Enhancing energy costs’ predictability and stability to boost industrial competitiveness
Over the past year, many companies have been severely affected by excessively volatile energy prices. To enhance the competitiveness of EU industry and to reduce its exposure to volatile prices, the Commission is proposing to facilitate the deployment of more stable long-term contracts such as Power Purchase Agreements (PPAs) – through which companies establish their own direct supplies of energy and thereby can profit from more stable prices of renewable and non-fossil power production. To address the current barriers such as the credit risks of buyers, the reform obliges Member States to ensure the availability of market-based guarantees for PPAs.
In order to provide power producers with revenue stability and to shield industry from price volatility, all public support for new investments in infra-marginal and must-run renewable and non-fossil electricity generation will have to be in the form of two-way Contracts for Difference (CfDs), while Member States are obliged to channel excess revenues to consumers. In addition, the reform will boost liquidity of the markets for long term contracts that lock in future prices, so-called “forward contracts.” This will allow more suppliers and consumers to protect themselves against excessively volatile prices over longer periods of time.
There will also be new obligations to facilitate renewables integration into the system and enhance predictability for generation. These include transparency obligations for system operators as regards grid congestion, and trading deadlines closer to real time.
Finally, to ensure competitive markets and transparent price-setting, the Agency for the Cooperation of Energy Regulators (ACER) and national regulators will have enhanced ability to monitor energy market integrity and transparency. In particular, the updated Regulation on Wholesale Energy Market Integrity and Transparency (REMIT) will ensure better data quality as well as strengthen ACER’s role in investigations of potential market abuse cases of cross border nature.

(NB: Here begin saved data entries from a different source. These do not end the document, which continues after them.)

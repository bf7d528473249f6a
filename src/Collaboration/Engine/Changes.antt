-- ===== src/Collaboration/Engine/Changes.antt =====
-- Which topology events the engine makes of a state with the invariant.
use super_scientist_orchestr.Prelude.{
  ℕ, ◌+◌, String, ◌≡◌, refl, sym, ap, ◌∙◌, not, ◌&&◌, some, List, [], arith, if◌then◌else◌, ◌==◌,
  ◌!=◌, ==_iff, nat_eq, string_eq, option_eq, list_eq, pair_eq, bool_eq, before_last, bind_inv,
  is_some, bind_intro, guard_intro, some_inj, guard_inv,
}
use super_scientist_orchestr.Audit.Chain.{value_beq_refl}
use super_scientist_orchestr.Collaboration.{
  TopologySnapshot, TopologyEvent, CollaborationState, Platform, hash_of,
}
use super_scientist_orchestr.Collaboration.Topology.{apply_topology_operation}
use super_scientist_orchestr.Collaboration.Termination.{
  topology_hashes, churn_count, contribution_depths,
}
use super_scientist_orchestr.Collaboration.Engine.{
  evaluate_termination, matches_session, is_next_event, rearranged, apply_topology_event,
}
use super_scientist_orchestr.Collaboration.Observation.{build_state, with_hashes, observed}
use super_scientist_orchestr.Collaboration.Engine.Rearrangement.{
  MayRearrange, after_event, after_event-IsReplayed,
}
use super_scientist_orchestr.Collaboration.Engine.Replayed.{
  IsReplayed, IsReplayed-has_integrity, sealed,
}
use super_scientist_orchestr.Collaboration.Engine.Advances.{build_state-inv}

module _ (platform : Platform) (s : CollaborationState) (depths : List (String × ℕ))
    (inv : IsReplayed platform s depths) where
  -- A topology event that the engine makes: it passed the checks, and the state behind it is the
  -- derived one.
  pub apply_topology_event-inv :
      (event : TopologyEvent) {s' : CollaborationState}
      → apply_topology_event platform s.session s event ≡ some s'
      → (after : TopologySnapshot) × (may : MayRearrange platform s event after) × (hash : String)
        × (s' ≡ after_event platform s depths inv event after may hash)
  unfolding apply_topology_event observed rearranged
  apply_topology_event-inv event {s'} h =
      let (checks, made) =
        guard_inv
          (not (
            matches_session platform s.session s
            && not (is_some (evaluate_termination platform s))
            && is_next_event platform s.session s event))
          _ h in
      let (after, applied, more) =
        bind_inv (apply_topology_operation platform s.session s.topology event) _ made in
      let (agree, seen) = guard_inv (event.after_topology_hash != after.content_hash) _ more in
      let s1 = rearranged platform s.session s event after in
      let (payload, noted, built) = bind_inv _ (build_state platform) seen in
      let (depths', known, same) = bind_inv (contribution_depths [] s1.contributions) _ noted in
      let (valid, result) = build_state-inv platform payload s' built in
      let hash = hash_of platform (platform.dump_state payload) in
      (
        after,
        record {
          going = ground arith;
          next = ground arith;
          applied = applied;
          hash = ground (arith, ==_iff event.after_topology_hash after.content_hash);
        },
        hash,
        result
            ∙ ap (λ (p : CollaborationState). sealed p hash) (sym (some_inj same))
            ∙ ap
                (λ (d : List (String × ℕ)).
                  sealed
                    (with_hashes platform s1 (some s.topology.content_hash)
                      (churn_count (topology_hashes s.topology_history)
                        + (if before_last (topology_hashes s.topology_history)
                              == some after.content_hash
                            then 1
                            else 0))
                      d)
                    hash)
                (some_inj (sym known ∙ inv.known)),
      )

  -- A topology event that passes the checks is made.
  pub apply_topology_event-total :
      (event : TopologyEvent) (after : TopologySnapshot)
      → MayRearrange platform s event after
      → (s' : CollaborationState) × (apply_topology_event platform s.session s event ≡ some s')
  unfolding apply_topology_event observed rearranged with_hashes build_state
  apply_topology_event-total event after may =
      let valid =
        IsReplayed-has_integrity platform (after_event platform s depths inv event after may "")
          depths (after_event-IsReplayed platform s depths inv event after may "") in
      (
        _,
        guard_intro
            {b = not (
              matches_session platform s.session s
              && not (is_some (evaluate_termination platform s))
              && is_next_event platform s.session s event)}
            (ground (arith, value_beq_refl (platform.dump_session s.session), may.going, may.next))
            (bind_intro _ may.applied (
              guard_intro {b = event.after_topology_hash != after.content_hash}
                (ground (arith, may.hash, ==_iff event.after_topology_hash after.content_hash))
                (bind_intro (build_state platform) (bind_intro _ inv.known refl)
                  (guard_intro (ap not valid) refl)))),
      )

Overall, this will step up the protection of EU consumers and industry against any market abuse.
The proposed reform will now have to be discussed and agreed by the European Parliament and the Council before entering into force.
Since the summer of 2021, energy prices have seen unprecedented spikes and volatility, and have had a severe impact on EU households and the economy, especially following Russia’s invasion of Ukraine that sparked an energy crisis in Europe. Many consumers saw their bills increase due to the gas price surge, even though renewable energy sources are already covering more than a third of EU electricity demand.
The EU reacted swiftly by introducing a wide range of measures to mitigate the impact of high and volatile wholesale energy prices on households and businesses. However, the European Council has called on the Commission to work on a structural reform of the electricity market, with the dual objective of securing European energy sovereignty and achieving climate neutrality. The proposed reform responds to this call from EU Leaders and was announced by President von der Leyen in her State of the Union Address last year. It also forms part of the Green Deal Industrial Plan aimed to enhance the competitiveness of Europe’s net-zero industry and accelerate the transition to climate neutrality.